Phrase-library-based conversational response system.
Matches transcribed text against curated Bambara/Fula phrase libraries.

No ML required — the knowledge base is plain JSON files that anyone can edit.
Library files: data/phrases/{lang}.json
User additions: data/phrases/{lang}_additions.json (saved to HF Hub for persistence)

Each phrase entry:
  {
    "patterns":  ["i ni ce", "ini ce", ...],   <- what the user might say (incl. Whisper variants)
    "response":  "I ni ce. N bɛ i dɛmɛ.",     <- what the app says back
    "english":   "Hello! I am here to help.",  <- English translation shown in UI
    "tags":      ["greeting"]
  }
"""
from __future__ import annotations

import json
import logging
from pathlib import Path
from typing import Optional

logger = logging.getLogger(__name__)

# Resolve project root relative to this file:
# src/conversation/phrase_matcher.py  → ../../data/phrases/
DATA_DIR = Path(__file__).parent.parent.parent / "data" / "phrases"

try:
    from rapidfuzz import fuzz as _fuzz, process as _process
    _HAS_RAPIDFUZZ = True
except ImportError:
    _HAS_RAPIDFUZZ = False
    logger.warning("rapidfuzz not installed — using substring matching only (install it for better matching)")


class PhraseMatcher:
    """
    Fuzzy-matches a transcription against a per-language phrase library.
    Falls back to substring matching if rapidfuzz is not installed.
    """

    def __init__(self) -> None:
        self._cache: dict[str, list[dict]] = {}

    # ── Library loading ───────────────────────────────────────────────────────

    def _load(self, lang: str) -> list[dict]:
        """Load and cache all phrases for a language (base + user additions)."""
        if lang not in self._cache:
            phrases: list[dict] = []

            # Base library (git-tracked, always present)
            base_path = DATA_DIR / f"{lang}.json"
            if base_path.exists():
                with open(base_path, encoding="utf-8") as f:
                    phrases = json.load(f)
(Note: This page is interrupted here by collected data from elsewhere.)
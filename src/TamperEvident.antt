-- ===== src/TamperEvident.antt =====
-- The hash chain, `logquill/plugins/tamper_evident_plugin.py`. SHA-256 and HMAC-SHA-256 in
-- hexadecimal and `json.dumps(..., sort_keys=True, default=str)` are parameters.
pub mod Chain
pub mod Forgery
pub mod Content
pub mod Signed
use Prim.Native.String.{◌++◌ as ◌<>◌}
use mathlib.Core.Logic.{◌⊎◌, inl, inr}
use logquill_python.Base.{
  ℕ, zero, suc, ◌+◌, ◌<◌, String, string_eq, Bool, true, false, not, ◌&&◌, ◌||◌, Option, none, some,
  List, [], ◌∷◌, ◌++◌, leb, ltb, if◌then◌else◌, ◌==◌, Result, ok, raise, type_error, other_error,
  ◌>>=◌,
}
use logquill_python.Base.Text.{codes}
use logquill_python.Dict.{Dict, get, put}
use logquill_python.Value.{Value, null, str, dict, Meta, entries, of_entries, present, value_eq}
use logquill_python.Records.{Record, as_dict, legacy_schema_version}

-- `reason`: why a chain is broken
pub data Reason : Type 0 where
  no_hash other_prev other_content other_signature : Reason

pub record VerificationResult : Type 0 where
  pub is_ok : Bool
  pub records_checked : ℕ
  pub broken_at : Option ℕ
  pub reason : Option Reason
  pub head_hash : Option Value

-- `record.get(k)`, where a missing key gives `None`
abbrev pub or_null : Option Value → Value
or_null none = null
or_null (some v) = v

-- `record.get("meta", {})`; only a dict has the methods that follow
abbrev pub meta_of : Option Value → Result Meta
meta_of none = ok []
meta_of (some (dict d)) = ok (entries d)
meta_of (some _) = raise other_error

abbrev pub is_chain_key : String → Bool
is_chain_key k = k == "hash" || k == "prev_hash"

-- `{k: v for k, v in meta.items() if k not in ("hash", "prev_hash")}`
unfoldable pub without_chain : Meta → Meta
without_chain [] = []
without_chain ((k, v) ∷ meta) =
    let rest = without_chain meta in if is_chain_key k then rest else (k, v) ∷ rest

-- `schema_version` where it is there and not that of the records that had none
abbrev pub version_entry : Option Value → Meta
version_entry none = []
version_entry (some v) = if v == str legacy_schema_version then [] else ("schema_version", v) ∷ []

abbrev pub llm_part : Option Value → Meta
llm_part none = []
llm_part (some v) = ("llm", v) ∷ []

-- the `content` that is hashed
unfoldable pub content_of : Meta → Meta → Meta
unfolding without_chain
content_of r meta =
    ("timestamp", or_null (get r "timestamp"))
      ∷ ("level", or_null (get r "level"))
      ∷ ("logger", or_null (get r "logger"))
      ∷ ("message", or_null (get r "message"))
      ∷ ("meta", dict (of_entries (without_chain meta)))
      ∷ version_entry (get r "schema_version")
    ++ llm_part (get r "llm")

-- the plugin: `_genesis_hash` is read in `__init__` only
pub record TamperEvident : Type 0 where
  pub last_hash : String

abbrev pub genesis_hash : String
genesis_hash = "0000000000000000000000000000000000000000000000000000000000000000"

unfoldable pub new : String → TamperEvident
new genesis = record { last_hash = genesis }

module _ (dumps : Meta → String) (sha256 : String → String) where
  -- the text under the hash, `f"{prev_hash}{payload}"`
  unfoldable pub hash_input : Meta → Meta → String → String
  unfolding content_of
  hash_input r meta prev_hash = prev_hash <> dumps (content_of r meta)

  -- `_compute_hash` of a record and its `meta`
  unfoldable pub compute_hash : Meta → Meta → String → String
  unfolding hash_input
  compute_hash r meta prev_hash = sha256 (hash_input r meta prev_hash)

  unfoldable pub before_log : TamperEvident → Record → Record × TamperEvident
  unfolding compute_hash
  before_log p r =
      let digest = compute_hash (as_dict r) r.meta p.last_hash in
      (
        record r { meta = put (put r.meta "prev_hash" (str p.last_hash)) "hash" (str digest) },
        record p { last_hash = digest },
      )

  -- the records of one plugin, one after the other
  unfoldable pub stamp : TamperEvident → List Record → List Record × TamperEvident
  unfolding before_log
  stamp p [] = ([], p)
  stamp p (r ∷ rs) =
      let (r', p') = before_log p r in let (rs', p'') = stamp p' rs in (r' ∷ rs', p'')

  -- `VerificationResult(False, checked, checked, reason, head_hash)`
  abbrev pub broken : ℕ → Reason → Option Value → VerificationResult
  broken checked why head = record {
    is_ok = false;
    records_checked = checked;
    broken_at = some checked;
    reason = some why;
    head_hash = head;
  }

  abbrev pub intact : ℕ → String → VerificationResult
  intact checked head = record {
    is_ok = true;
    records_checked = checked;
    broken_at = none;
    reason = none;
    head_hash = some (str head);
  }

  -- One record: the hash that the next one has to name, or what ends the loop. `prev_hash` is a text,
  -- since it is either the first one or equal to a computed hash.
  abbrev pub Found : Type 0
  Found = String ⊎ VerificationResult

  check_content : Meta → Meta → String → ℕ → Value → Found
  unfolding compute_hash
  check_content r meta prev_hash checked stored =
      let digest = compute_hash r meta prev_hash in
      if str digest == stored
      then inl digest
      else inr (broken checked other_content (some (str prev_hash)))

  check_stored : Meta → Meta → String → ℕ → Option Value → Found
  unfolding check_content
  check_stored r meta prev_hash checked none =
      inr (broken checked no_hash (if ltb 1 checked then some (str prev_hash) else none))
  check_stored r meta prev_hash checked (some stored) =
      if or_null (get meta "prev_hash") == str prev_hash
      then check_content r meta prev_hash checked stored
      else inr (broken checked other_prev (some (str prev_hash)))

  unfoldable pub check_record : Meta → String → ℕ → Result Found
  unfolding check_stored present
  check_record r prev_hash checked = do
    meta ← meta_of (get r "meta")
    ok (check_stored r meta prev_hash checked (present (get meta "hash")))

  -- the loop of `verify_chain_detailed`, after `checked` records
  unfoldable pub verify_from : String → ℕ → List Meta → Result VerificationResult
  unfolding check_record
  verify_from prev_hash checked [] = ok (intact checked prev_hash)
  verify_from prev_hash checked (r ∷ records) = check_record r prev_hash (checked + 1) >>= λ found.
      elim found [ inl digest ↦ verify_from digest (checked + 1) records | inr result ↦ ok result ]

  unfoldable pub verify_chain_detailed : String → List Meta → Result VerificationResult
  unfolding verify_from
  verify_chain_detailed genesis records = verify_from genesis 0 records

abbrev pub all_ascii : List ℕ → Bool
all_ascii [] = true
all_ascii (c ∷ s) = ltb c 128 && all_ascii s

abbrev pub is_ascii : String → Bool
is_ascii s = all_ascii (codes s)

-- `sign_head` is HMAC-SHA-256, a parameter; `compare_digest` takes texts of ASCII characters only.
module _ (dumps : Meta → String) (sha256 : String → String) (hmac : String → String → String) where
  unfoldable pub verify_head_signature : String → String → String → Result Bool
  verify_head_signature head key signature =
      if is_ascii signature then ok (hmac key head == signature) else raise type_error

  -- what `verify_signed_chain` returns for the result of `verify_chain_detailed`
  unfoldable pub check_signature :
      String → String → VerificationResult → Option Value → Result VerificationResult
  unfolding verify_head_signature
  check_signature key signature result (some (str head)) = do
    same ← verify_head_signature head key signature
    ok (
        if same then result else record {
          is_ok = false;
          records_checked = result.records_checked;
          broken_at = some result.records_checked;
          reason = some other_signature;
          head_hash = result.head_hash;
        })
  check_signature key signature result _ = ok (record {
    is_ok = false;
    records_checked = result.records_checked;
    broken_at = some result.records_checked;
    reason = some other_signature;
    head_hash = result.head_hash;
  })

  unfoldable pub verify_signed_chain :
      String → String → String → List Meta → Result VerificationResult
  unfolding check_signature verify_chain_detailed
  verify_signed_chain key signature genesis records = do
    result ← verify_chain_detailed dumps sha256 genesis records
    if result.is_ok then check_signature key signature result result.head_hash else ok result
            # User additions (written locally, uploaded to HF Hub for persistence)
            additions_path = DATA_DIR / f"{lang}_additions.json"
            if additions_path.exists():
                try:
                    with open(additions_path, encoding="utf-8") as f:
                        additions = json.load(f)
                    phrases.extend(additions)
                except Exception as exc:
                    logger.warning("Could not load phrase additions for %s: %s", lang, exc)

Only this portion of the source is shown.